I just thought I'd mention to all you guys who havnt yet tries the dental chews that look like tooth brushes! 
A have a really fussy chew but she loves them! They are low in fat and high in fibre!
The difference in her breathe after eating one is amazing!
I thoroughly recommend xxx


Sent from Petguide.com Free App


----------



## kellyb (Aug 26, 2012)

I have not seen these. What brand are they please?

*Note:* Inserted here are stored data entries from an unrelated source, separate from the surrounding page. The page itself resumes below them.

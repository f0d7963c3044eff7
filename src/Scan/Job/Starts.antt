-- ===== src/Scan/Job/Starts.antt =====
-- The start of a job and of a further page: a page that begins, or a session that is over.
use mathlib.Core.Path.{subst}
use pantum_open.Base.{
  ℕ, ◌*◌, ◌≡◌, refl, sym, ap, Bool, true, false, not, ◌||◌, none, some, [], length, if◌then◌else◌,
  if-cases, arith, inl, inr,
}
use pantum_open.Scan.Status.{Status, good, no_docs, unsupported}
use pantum_open.Scan.Usb.{Wire}
use pantum_open.Scan.Frame.{if_good-cases}
use pantum_open.Scan.Window.{source_is_adf}
use pantum_open.Scan.Handle.{Handle}
use pantum_open.Scan.Image.{IsQueue, unread}
use pantum_open.Scan.Session.{
  closed_session, unlock_device, unlock_device-handle, lock_device, lock_device-Locked, check_adf,
  setup_job,
}
use pantum_open.Scan.Job.Pump.{Env}
use pantum_open.Scan.Job.Start.{new_page, gives_up, launch, behind_lock, run_job}
use pantum_open.Scan.Job.Settled.{IsSettled}
use pantum_open.Scan.Job.Frames.{IsEnv}
use pantum_open.Scan.Job.Pages.{IsSheet}
use pantum_open.Scan.Job.Wait.{Awaited, Waits, ended_early, from_Awaited, await_first_rows-Awaited}

-- A handle that holds the lock and no row yet.
record IsFresh (h : Handle) : Type 0 where
  sheet : IsSheet h.params
  scanning : h.scanning ≡ false
  locked : h.locked ≡ true
  next_row : h.next_row ≡ 0
  eof : h.eof ≡ false
  bytes : unread h.out ≡ []
  queue : IsQueue h.out

first_page : (h : Handle) → IsFresh h → Waits none (record h { scanning = true })
first_page h i = record {
  settled = settled;
  queue = i.queue;
  reading = λ e. record {
    sheet = i.sheet;
    queue = i.queue;
    settled = settled;
    within = omega (arith, i.next_row);
    running = inl refl;
    over = λ e. cc;
    count = omega (arith, ap length i.bytes, ap (λ n. n * h.params.bytes_per_line) i.next_row);
  };
  idle = λ n e. cc;
}
  where
    settled : IsSettled (record h { scanning = true })
    settled = record { lock = i.locked; feeds = λ f. refl }

module _ (env : Env) (he : IsEnv env) where
  gives_up-Awaited :
      (st : Status) (h : Handle) (w : Wire)
      → ¬ (st ≡ good)
      → h.scanning ≡ false
      → IsQueue h.out
      → Awaited h (gives_up env st h w)
  gives_up-Awaited st h w bad s q =
      subst (λ x. Awaited h (some st, none, x, (unlock_device env.device h w).1))
        (sym (unlock_device-handle env.device h w))
        (ended_early env he st none h (closed_session h) _ bad refl q
          (record { scanning = s; locked = refl; feeding = refl }))

  launch-Awaited :
      (frames : ℕ) (h : Handle) (w : Wire) → IsFresh h → Awaited h (launch env frames h w)
  unfolding launch
  launch-Awaited frames h w i =
      let (st, w') = setup_job env.device h w in
      if_good-cases (Awaited h) st _ _
        (λ g.
          from_Awaited env he h (record h { scanning = true }) _ refl
            (await_first_rows-Awaited env he frames none (record h { scanning = true }) w'
              (first_page h i)))
        (λ n. gives_up-Awaited st h w' n i.scanning i.queue)

  behind_lock-Awaited :
      (frames : ℕ) (h : Handle) (w : Wire) → IsFresh h → Awaited h (behind_lock env frames h w)
  unfolding behind_lock
  behind_lock-Awaited frames h w i =
      let (st, feeder, w') = check_adf env.device w in
      if-cases (Awaited h) (source_is_adf h.settings) _ _
        (λ a.
          if_good-cases (Awaited h) st _ _
            (λ g.
              if-cases (Awaited h) (not feeder.present || not feeder.loaded) _ _
                (λ p. gives_up-Awaited _ h w' (no_feed feeder.present) i.scanning i.queue)
                (λ p. launch-Awaited frames h w' i))
            (λ n. gives_up-Awaited st h w' n i.scanning i.queue))
        (λ a. launch-Awaited frames h w i)
    where
      no_feed : (b : Bool) → ¬ ((if b then no_docs else unsupported) ≡ good)
      no_feed true e = cc
      no_feed false e = cc

  pub run_job-Awaited :
      (frames : ℕ) (h : Handle) (w : Wire)
      → IsSheet h.params
      → h.scanning ≡ false
      → Awaited h (run_job env frames h w)
  unfolding run_job
  run_job-Awaited frames h w p s =
      let r = lock_device env.device (new_page h) w in
      let l = lock_device-Locked env.device (new_page h) w in
      if_good-cases (Awaited h) r.0 _ _
        (λ g. elim l [
          | inl (o, e) ↦
              subst (λ x. Awaited h (behind_lock env frames x r.2)) (sym e)
                (from_Awaited env he h (record (new_page h) { locked = true }) _ refl
                  (behind_lock-Awaited frames (record (new_page h) { locked = true }) r.2 fresh))
          | inr (n, e) ↦ absurd (n g)
        ])
        (λ n. elim l [
          | inl (o, e) ↦ absurd (n o)
          | inr (k, e) ↦
              subst (λ x. Awaited h (some r.0, none, x, r.2)) (sym e)
                (ended_early env he r.0 none h (closed_session (new_page h)) r.2 n refl
                  (omega arith) (record { scanning = s; locked = refl; feeding = refl }))
        ])
    where
      fresh : IsFresh (record (new_page h) { locked = true })
      fresh = record {
        sheet = p;
        scanning = s;
        locked = refl;
        next_row = refl;
        eof = refl;
        bytes = refl;
        queue = omega arith;
      }
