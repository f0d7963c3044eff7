-- ===== src/Scan/Job/Outcome.antt =====
-- sane_pantum_start of src/pantum.c: what its result says about the handle.
use mathlib.Core.Path.{subst}
use pantum_open.Base.{
  ℕ, zero, suc, ◌≡◌, refl, sym, ap, ◌∙◌, true, false, not, ◌&&◌, Option, none, some, ◌==◌, if-cases,
}
use pantum_open.Scan.Status.{Status, good, map_status}
use pantum_open.Scan.Usb.{Wire}
use pantum_open.Scan.Frame.{if_good-cases}
use pantum_open.Scan.Handle.{Handle}
use pantum_open.Scan.Image.{IsQueue}
use pantum_open.Scan.Job.Start.{Running, attempted}
use pantum_open.Scan.Job.Settled.{IsSettled, Fixed, map_status-bad}
use pantum_open.Scan.Job.Pages.{IsSheet, IsOffered}
use pantum_open.Scan.Job.Wait.{IsIdle, IsReading, Awaited}

-- What holds of a handle between any two calls.
pub record IsOpen (h : Handle) : Type 0 where
  pub settled : IsSettled h
  pub queue : IsQueue h.out
  pub sheet : IsSheet h.params
  pub offered : IsOffered h.settings

pub record Started (h : Handle) (r : Option Status × Handle × Wire) : Type 0 where
  pub usable : IsOpen r.1
  pub same : r.1.settings ≡ h.settings
  pub begun : r.0 ≡ some good → IsReading 0 r.1 × (r.1.cancelled ≡ false)
  pub failed : (st : Status) → ¬ (st ≡ good) → r.0 ≡ some st → IsIdle r.1

pub some_injective : (s t : Status) → some s ≡ some t → s ≡ t
some_injective s t e = ap (λ o. elim o [ none ↦ s | some x ↦ x ]) e

pub open_of :
    (h : Handle) (r : Running) → IsSheet h.params → IsOffered h.settings → Awaited h r → IsOpen r.2
open_of h r p k a = record {
  settled = a.settled;
  queue = a.queue;
  sheet = subst IsSheet (sym (ap (λ (f : Fixed). f.1) a.same)) p;
  offered = subst IsOffered (sym (ap (λ (f : Fixed). f.0) a.same)) k;
}

-- A job runs and is not between two pages.
abbrev pub IsBusy : Handle → Type 0
IsBusy h = (h.cancelled ≡ false) × (h.feeding ≡ false) × (h.scanning ≡ true)

-- What end_scan leaves.
abbrev pub ended_scan : Handle → Handle
ended_scan h = record h { scanning = false; feeding = false; locked = false }

pub over_idle : (h : Handle) → IsOpen h → IsOpen (ended_scan h)
over_idle h i = record {
  settled = record { lock = refl; feeds = λ f. cc };
  queue = i.queue;
  sheet = i.sheet;
  offered = i.offered;
}

-- A handle that no job runs on, as sane_pantum_start has set it up.
pub record IsPrepared (h : Handle) : Type 0 where
  pub idle : IsIdle h
  pub queue : IsQueue h.out
  pub sheet : IsSheet h.params
  pub offered : IsOffered h.settings
  pub live : h.cancelled ≡ false

-- An end without a job.
pub ends_idle :
    (h h' : Handle) (st : Status) (w : Wire)
    → ¬ (st ≡ good)
    → h'.settings ≡ h.settings
    → IsOpen h'
    → IsIdle h'
    → Started h (some st, h', w)
ends_idle h h' st w bad e o i = record {
  usable = o;
  same = e;
  begun = λ g. absurd (bad (some_injective st good g));
  failed = λ s n g. i;
}

pub begins :
    (h : Handle) (r : Running)
    → IsSheet h.params
    → IsOffered h.settings
    → h.cancelled ≡ false
    → Awaited h r
    → r.0 ≡ some good
    → r.1 ≡ none
    → Started h (some good, r.2, r.3)
begins h r p k c a g n = record {
  usable = open_of h r p k a;
  same = ap (λ (f : Fixed). f.0) a.same;
  begun = λ e. (a.begun g n, ap (λ (f : Fixed). f.2) a.same ∙ c);
  failed = λ st bad e. absurd (bad (sym (some_injective good st e)));
}

pub still_waits :
    (h : Handle) (r : Running)
    → IsSheet h.params
    → IsOffered h.settings
    → Awaited h r
    → Started h (none, r.2, r.3)
still_waits h r p k a = record {
  usable = open_of h r p k a;
  same = ap (λ (f : Fixed). f.0) a.same;
  begun = λ e. cc;
  failed = λ st bad e. cc;
}

pub from_Started :
    (h h' : Handle) (r : Option Status × Handle × Wire)
    → h'.settings ≡ h.settings
    → Started h' r
    → Started h r
from_Started h h' r e s = record {
  usable = s.usable;
  same = s.same ∙ e;
  begun = s.begun;
  failed = s.failed;
}

Awaited-IsPrepared :
    (h : Handle) (r : Running) → IsPrepared h → Awaited h r → IsIdle r.2 → IsPrepared r.2
Awaited-IsPrepared h r i a d =
    let o = open_of h r i.sheet i.offered a in
    record {
      idle = d;
      queue = a.queue;
      sheet = o.sheet;
      offered = o.offered;
      live = ap (λ (f : Fixed). f.2) a.same ∙ i.live;
    }

failed_attempt :
    (h : Handle) (st : Status) (aborted : Option ℕ) (h' : Handle) (w' : Wire)
    → IsPrepared h
    → Awaited h (some st, aborted, h', w')
    → ¬ (st ≡ good)
    → Started h (some st, h', w')
failed_attempt h st aborted h' w' i a n =
    ends_idle h h' st w' n (ap (λ (f : Fixed). f.0) a.same) (open_of h _ i.sheet i.offered a)
      (a.failed st n refl)

refused : (s : ℕ) → (not (s == 0) && not (s == 2)) ≡ true → ¬ (map_status s ≡ good)
refused zero e k = cc
refused (suc n) e k = map_status-bad n k

pub attempt_step :
    (h : Handle) (again : Option Status × Handle × Wire) (o : Option Status) (aborted : Option ℕ)
    (h' : Handle) (w' : Wire)
    → IsPrepared h
    → Awaited h (o, aborted, h', w')
    → (IsPrepared h' → Started h' again)
    → Started h (attempted o aborted h' w' again)
unfolding attempted
attempt_step h again none aborted h' w' i a more = still_waits h _ i.sheet i.offered a
attempt_step h again (some st) none h' w' i a more =
    if_good-cases (Started h) st _ _
      (λ g. begins h _ i.sheet i.offered i.live a (λ j. some (g j)) refl)
      (λ n. failed_attempt h st none h' w' i a n)
attempt_step h again (some st) (some s) h' w' i a more =
    if_good-cases (Started h) st _ _
      (λ g.
        if-cases (Started h) (not (s == 0) && not (s == 2)) _ _
          (λ e.
            ends_idle h h' (map_status s) w' (refused s e) (ap (λ (f : Fixed). f.0) a.same)
              (open_of h _ i.sheet i.offered a) (a.aborted s (λ j. some (g j)) refl))
          (λ e.
            from_Started h h' again (ap (λ (f : Fixed). f.0) a.same)
              (more (Awaited-IsPrepared h _ i a (a.aborted s (λ j. some (g j)) refl)))))
      (λ n. failed_attempt h st (some s) h' w' i a n)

Sent from Petguide.com App


----------



## bubbles61 (Oct 20, 2010)

They are made by paragon, they do 4 different sizes, the smallest being 5cm, I get the 11cm ones for my ch and they are 50p each from pets at home. They are brilliant! X


Sent from Petguide.com Free App


----------



## Evelyn (Oct 14, 2012)

They are neat looking, I googled them, but one store did say, "Not suitable for dogs under the age of 9 months." It didn't say why.


----------



## bubbles61 (Oct 20, 2010)

But the small 5 cm are for puppy's so I don't know, I think it's the design that scrapes the plaque off as they but it, my chi can get thru one in 2 days! There's 4 flavers, I know ones paprika apparently but my chi likes them all x


Sent from Petguide.com Free App


----------



## Wiz (Feb 2, 2013)

My junior loves them ! 


Sent from Petguide.com Free App


----------



## bubbles61 (Oct 20, 2010)

I actually think they smell quite tasty too! Lol x


Sent from Petguide.com Free App


----------



## Rubyannie (Jan 24, 2013)

*Love that smile.*

I get these from Zooplus, smallest size, called greenies. Much cheaper than pets at home. Mine get one every morning. They do get their teeth brushed every evening as well. No more doggie breath.


----------



## bubbles61 (Oct 20, 2010)

Ill check zoo plus now x


Sent from Petguide.com Free App


----------



## Rubyannie (Jan 24, 2013)

bubbles61 said:


> Ill check zoo plus now x
> 
> 
> Sent from Petguide.com Free App


If you spend £19 or over you get free delivery and 5% off your first order. Despatch and delivery is fast and you can track your order. I buy all my pet stuff from them, apart from grooming products.


----------



## bubbles61 (Oct 20, 2010)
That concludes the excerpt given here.